Für den Handel zeichnet der Branchenverband HDE ein positiveres Bild - auch wenn die meisten Geschäfte außerhalb der Grundversorgung gerade geschlossen sind. Dafür bräuchten insbesondere Lebensmitteleinzelhändler, Drogerien und Baumärkte in Corona-Zeiten neues Personal, ebenso Logistiker. "Darum nimmt digitales Recruiting jetzt Fahrt auf bei den Unternehmen", sagt Katharina Weinert, Leiterin Berufsbildung beim HDE.

"Es wird verstärkt auf Video-Bewerbung gesetzt, insbesondere bei jüngeren Bewerbern und vor dem Hintergrund, dass jetzt eigentlich die Hauptrekrutierungszeit für Auszubildende ist", erklärt Weinert. Gerade für die großen Lebensmittelketten sei das nicht grundlegend neu, sie nutzten auch Online-Masken für die Übermittlung von Bewerbungsdaten und könnten oft auf digitale Bewerberpools zurückgreifen.

Nun verlagerten sie aber zunehmend das komplette Verfahren bis zur Einstellung ins Netz. Wer hier indes noch gar keine Erfahrung habe, "muss jetzt natürlich nachrüsten und tut sich schwerer", sagt Weinert. Insgesamt aber "gehen die Prozesse jetzt schneller".

"In der Tendenz zunehmend digital"

Auch in der Zukunftsbranche IT, die naturgemäß ohnehin empfänglicher für das digitale Arbeiten ist, werden Recruiting-Prozesse in der Krise "in der Tendenz zunehmend digital", sagt Adél Holdampf-Wendel, Arbeitsrechtsexpertin beim Digitalverband Bitkom.

Nach wie vor erwarte die Mehrheit der Branchenunternehmen steigende Beschäftigung, wenn auch in deutlich geringerem Umfang als zuletzt. Nachholbedarf besteht aber selbst hier: "Auf der Suche nach IT-Spezialisten setzten viele Unternehmen bislang noch auf persönliche Gespräche mit Bewerbungsmappe", sagt die Expertin.

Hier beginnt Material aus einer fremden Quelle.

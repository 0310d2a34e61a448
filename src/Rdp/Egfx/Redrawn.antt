-- ===== src/Rdp/Egfx/Redrawn.antt =====
-- What the drawing commands of rdp-sidecar/src/egfx.rs leave of a surface.
use avash.Base.{
  ℕ, zero, suc, ◌*◌, ◌≡◌, refl, subst, ◌∙◌, inl, inr, some, [], ◌∷◌, ◌++◌, length, drop, All,
  All-append, leb, Bool-cases, Option-cases, some-eq,
}
use avash.Base.Text.{Bytes}
use avash.Rdp.Surface.{Surface, Zone, crop, write, of_edges, colour_row}
use avash.Rdp.Surface.Crop.{FitsIn}
use avash.Rdp.Surface.Rows.{write_rows-length}
use avash.Rdp.Surface.RoundTrip.{IsWhole, crop-FitsIn}
use avash.Rdp.Surface.Fill.{fill-write}
use avash.Rdp.Egfx.Commands.{Drawn, fill_zones, target_at, paste_all}

-- A surface drawn anew: its size is kept, its buffer is whole.
pub record IsRedrawn (s s' : Surface) : Type 0 where
  pub wide : s'.width ≡ s.width
  pub high : s'.height ≡ s.height
  pub whole : length s'.pixels ≡ length s.pixels

abbrev pub IsRedrawn-refl : (s : Surface) → IsRedrawn s s
IsRedrawn-refl s = record { wide = refl; high = refl; whole = refl }

pub IsRedrawn-trans : {a b c : Surface} → IsRedrawn a b → IsRedrawn b c → IsRedrawn a c
IsRedrawn-trans h k = record {
  wide = k.wide ∙ h.wide;
  high = k.high ∙ h.high;
  whole = k.whole ∙ h.whole;
}

pub IsRedrawn-IsWhole : {s s' : Surface} → IsRedrawn s s' → IsWhole s → IsWhole s'
IsRedrawn-IsWhole h k = rw (h.whole, h.wide, h.high) k

-- What a write leaves: the surface redrawn, and a zone in it.
pub write-IsRedrawn :
    (s : Surface) (zone : Zone) (source : Bytes) (stride : ℕ) (p : Zone × Surface)
    → write s zone source stride ≡ some p
    → IsRedrawn s p.1 × FitsIn s.width s.height p.0
unfolding write
write-IsRedrawn s zone source stride p e = elim (Option-cases (crop zone s.width s.height)) [
  | inl c ↦ absurd (cc (rw (write, c) at e))
  | inr (z, c) ↦
      subst (λ (p : Zone × Surface). IsRedrawn s p.1 × FitsIn s.width s.height p.0)
        (some-eq (rw (write, c) at e))
        (
          record {
            wide = refl;
            high = refl;
            whole = write_rows-length s z source stride z.height 0 s.pixels;
          },
          crop-FitsIn zone z s.width s.height c,
        )
]

-- The surface is redrawn, and the zones lie in it.
pub record IsDrawn (s : Surface) (d : Drawn) : Type 0 where
  pub redrawn : IsRedrawn s d.surface
  pub placed : All (FitsIn s.width s.height) d.zones

pub start-IsDrawn : (s : Surface) → IsDrawn s (record { surface = s; zones = [] })
start-IsDrawn s = record { redrawn = IsRedrawn-refl s; placed = tt }

module _ (s : Surface) where
  -- One more write.
  IsDrawn-next :
      (d : Drawn) (z : Zone) (s' : Surface)
      → IsDrawn s d
      → IsRedrawn d.surface s'
      → FitsIn d.surface.width d.surface.height z
      → IsDrawn s (record { surface = s'; zones = d.zones ++ z ∷ [] })
  IsDrawn-next d z s' h r f = record {
    redrawn = IsRedrawn-trans h.redrawn r;
    placed = All-append (FitsIn s.width s.height) d.zones (z ∷ []) h.placed (
      subst (λ w. FitsIn w s.height z) h.redrawn.wide
          (subst (λ k. FitsIn d.surface.width k z) h.redrawn.high f),
      tt,
    );
  }

  pub paste_all-IsDrawn :
      (n : ℕ) (rest : Bytes) (width height : ℕ) (pixels : Bytes) (d : Drawn)
      → IsDrawn s d
      → IsDrawn s (paste_all n rest width height pixels d)
  unfolding paste_all
  paste_all-IsDrawn zero rest width height pixels d h = h
  paste_all-IsDrawn (suc n) rest width height pixels d h = elim (Bool-cases (leb 4 (length rest))) [
    | inr e ↦ rw (paste_all, e) h
    | inl e ↦
        elim (Option-cases (write d.surface (target_at rest width height) pixels (width * 4))) [
          | inl w ↦ rw (paste_all, e, w) (paste_all-IsDrawn n (drop 4 rest) width height pixels d h)
          | inr ((z, s'), w) ↦
              let (r, f) =
                write-IsRedrawn d.surface (target_at rest width height) pixels (width * 4) (z, s')
                  w in
              rw (paste_all, e, w)
                (paste_all-IsDrawn n (drop 4 rest) width height pixels
                  (record { surface = s'; zones = d.zones ++ z ∷ [] }) (IsDrawn-next d z s' h r f))
        ]
  ]

  pub fill_zones-some :
      (n : ℕ) (rest colour : Bytes) (d : Drawn)
      → IsWhole s
      → length colour ≡ 4
      → IsDrawn s d
      → (d' : Drawn) × (fill_zones n rest colour d ≡ some d') × IsDrawn s d'
  unfolding fill_zones
  fill_zones-some zero rest colour d whole four h = (d, refl, h)
  fill_zones-some (suc n) rest colour d whole four h = elim (Bool-cases (leb 8 (length rest))) [
    | inr e ↦ (d, rw (fill_zones, e) refl, h)
    | inl e ↦ elim (Option-cases (of_edges rest)) [
      | inl o ↦
          let (d', run, k) = fill_zones-some n (drop 8 rest) colour d whole four h in
          (d', rw (fill_zones, e, o) run, k)
      | inr (zone, o) ↦
          let filled = fill-write colour four d.surface zone (IsRedrawn-IsWhole h.redrawn whole) in
          elim (Option-cases (write d.surface zone (colour_row zone.width colour) 0)) [
            | inl w ↦
                let (d', run, k) = fill_zones-some n (drop 8 rest) colour d whole four h in
                (d', rw (fill_zones, e, o, filled, w) run, k)
            | inr ((z, s'), w) ↦
                let (r, f) =
                  write-IsRedrawn d.surface zone (colour_row zone.width colour) 0 (z, s') w in
                let (d', run, k) =
                  fill_zones-some n (drop 8 rest) colour
                    (record { surface = s'; zones = d.zones ++ z ∷ [] }) whole four
                    (IsDrawn-next d z s' h r f) in
                (d', rw (fill_zones, e, o, filled, w) run, k)
          ]
    ]
  ]
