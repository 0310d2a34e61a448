-- ===== src/Rdp/Egfx/Sane.antt =====
-- The invariant of the graphics channel (rdp-sidecar/src/egfx.rs), and the drawing commands.
use avash.Base.{
  ℕ, true, leb, Option, ◌≤◌, ◌≡◌, refl, ap, inl, inr, some, List, [], ◌∷◌, arith, length, drop,
  get_or, Option-cases,
}
use avash.Base.Text.{Bytes}
use avash.Base.Table.{
  Table, find, put, AllValues, AllValues-put, AllValues-find, total, weight_of, put-total,
  put-length,
}
use avash.Rdp.Surface.{Surface, Zone}
use avash.Rdp.Surface.RoundTrip.{IsWhole}
use avash.Rdp.Cache.{Cache}
use avash.Rdp.Cache.Budget.{IsWithin}
use avash.Rdp.Progressive.Decoder.{Canvas, tiles_max}
use avash.Rdp.Progressive.Kept.{AllInGrid}
use avash.Rdp.Egfx.Pdu.{u16_at}
use avash.Rdp.Egfx.State.{Codecs, Egfx, size_max, surfaces_max, surface_octets_max, weight, publish}
use avash.Rdp.Egfx.Commands.{Drawn, with_surface, redrawn, solid_fill}
use avash.Rdp.Egfx.Redrawn.{IsRedrawn, IsRedrawn-IsWhole, start-IsDrawn, fill_zones-some}

-- A surface in its bounds, with the tiles that it can show.
pub record IsCanvas (c : Canvas) : Type 0 where
  pub wide : c.surface.width ≤ size_max
  pub high : c.surface.height ≤ size_max
  pub whole : IsWhole c.surface
  pub few : length c.tiles ≤ tiles_max
  pub placed : AllInGrid c.surface.width c.surface.height c.tiles

-- The surfaces are counted, few, and light together; so is what the cache holds.
pub record IsHeld (surfaces : Table Canvas) (octets : ℕ) (cache : Cache) : Type 0 where
  pub counted : octets ≡ total weight surfaces
  pub light : octets ≤ surface_octets_max
  pub few : length surfaces ≤ surfaces_max
  pub sound : AllValues IsCanvas surfaces
  pub cached : IsWithin cache

pub put-IsHeld :
    (surfaces : Table Canvas) (octets : ℕ) (cache : Cache) (id : ℕ) (old new : Canvas)
    → IsHeld surfaces octets cache
    → find surfaces id ≡ some old
    → weight new ≡ weight old
    → IsCanvas new
    → IsHeld (put surfaces id new) octets cache
put-IsHeld surfaces octets cache id old new h f w k = record {
  counted = omega (arith, h.counted, put-total weight surfaces id new, ap (weight_of weight) f, w);
  light = h.light;
  few = rw (put-length surfaces id new, f) h.few;
  sound = AllValues-put IsCanvas surfaces id new h.sound k;
  cached = h.cached;
}

-- A message long enough for the test of `traiter` is long enough for what is read of it.
pub indexes : (m n : ℕ) (c : Bytes) → leb n (length c) ≡ true → m ≤ n → leb m (length c) ≡ true
indexes m n c h le = ground (arith, h, le)

module _ (codecs : Codecs) where
  abbrev pub IsSane : Egfx codecs → Type 0
  IsSane e = IsHeld e.surfaces e.surface_octets e.cache

  -- What a step that may panic gives on a sane channel: no panic, and a sane channel.
  abbrev pub Kept : Option (Egfx codecs) → Type 0
  Kept r = (e : Egfx codecs) × (r ≡ some e) × IsSane e

  pub publish-IsSane :
      (e : Egfx codecs) (id : ℕ) (zones : List Zone) → IsSane e → IsSane (publish codecs e id zones)
  unfolding publish
  publish-IsSane e id zones h = elim (Option-cases (find e.surfaces id)) [
    | inl f ↦ rw (publish, f) h
    | inr (c, f) ↦ rw (publish, f) h
  ]

  redrawn-IsCanvas :
      (c : Canvas) (s : Surface) → IsCanvas c → IsRedrawn c.surface s → IsCanvas (with_surface c s)
  redrawn-IsCanvas c s k r = record {
    wide = omega (arith, r.wide, k.wide);
    high = omega (arith, r.high, k.high);
    whole = IsRedrawn-IsWhole r k.whole;
    few = k.few;
    placed = rw (r.wide, r.high) k.placed;
  }

  pub redrawn-IsSane :
      (e : Egfx codecs) (id : ℕ) (c : Canvas) (d : Drawn)
      → IsSane e
      → find e.surfaces id ≡ some c
      → IsRedrawn c.surface d.surface
      → IsSane (redrawn codecs e id c d)
  unfolding redrawn
  redrawn-IsSane e id c d h f r =
      publish-IsSane (record e { surfaces = put e.surfaces id (with_surface c d.surface) }) id
        d.zones
        (put-IsHeld e.surfaces e.surface_octets e.cache id c (with_surface c d.surface) h f
          (rw (r.wide, r.high) refl)
          (redrawn-IsCanvas c d.surface (AllValues-find IsCanvas e.surfaces id c f h.sound) r))

  -- A fill never panics.
  pub solid_fill-some :
      (e : Egfx codecs) (c : Bytes)
      → leb 8 (length c) ≡ true
      → IsSane e
      → Kept (solid_fill codecs e c)
  unfolding solid_fill
  solid_fill-some e c long h = elim (Option-cases (find e.surfaces (u16_at c 0))) [
    | inl f ↦ (e, rw (long, f) refl, h)
    | inr (canvas, f) ↦
        let s = canvas.surface in
        let (d, run, k) =
          fill_zones-some s (u16_at c 6) (drop 8 c)
            (get_or c 4 0 ∷ get_or c 3 0 ∷ get_or c 2 0 ∷ 0xff ∷ [])
            (record { surface = s; zones = [] })
            (AllValues-find IsCanvas e.surfaces (u16_at c 0) canvas f h.sound).whole refl
            (start-IsDrawn s) in
        (
          redrawn codecs e (u16_at c 0) canvas d,
          rw (long, f, run) refl,
          redrawn-IsSane e (u16_at c 0) canvas d h f k.redrawn,
        )
  ]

Die Telekom bemüht sich laut DIHK zumindest bei Auszubildenden um einen anderen Weg und "erwartet von Bewerbern um einen Ausbildungsplatz zum Beispiel mittlerweile keine schriftlichen Unterlagen mehr, sondern macht alles über Videobewerbungsgespräche".

Zukunft ungewiss

Und auch die Deutsche Bahn, die in diesem Jahr noch bis zu 15.000 neue Mitarbeiter in verschiedenen Bereichen einstellen will, verlagerte nach eigenen Angaben zuletzt "tausende Vorstellungsgespräche", Recruiting-Events und Teile ihrer Berufsausbildung ins Internet - "aus der Not heraus", wie Bahn-Chef Richard Lutz sagte.

Ob sich die virtuelle Bewerbung nach der Corona-Krise durchgesetzt haben wird, bleibt also abzuwarten. Aus Sicht von Holdampf-Wendel sollten Unternehmen die Krise "als Chance begreifen, die Digitalisierung entschlossener voranzutreiben". Digitale Prozesse, die sie jetzt einmalig aufsetzen, seien "eine gute Investition".

Laut Weinert zahlt diese sich später durch ein günstigeres und standardisiertes Recruiting wieder aus. Doch wenngleich persönlicher Kontakt mit Bewerbern auch per Video-Chat möglich sei: "Letztlich wird sich die soziale Komponente erst im Markt zeigen - wie immer, wenn man mit Menschen zu tun hat."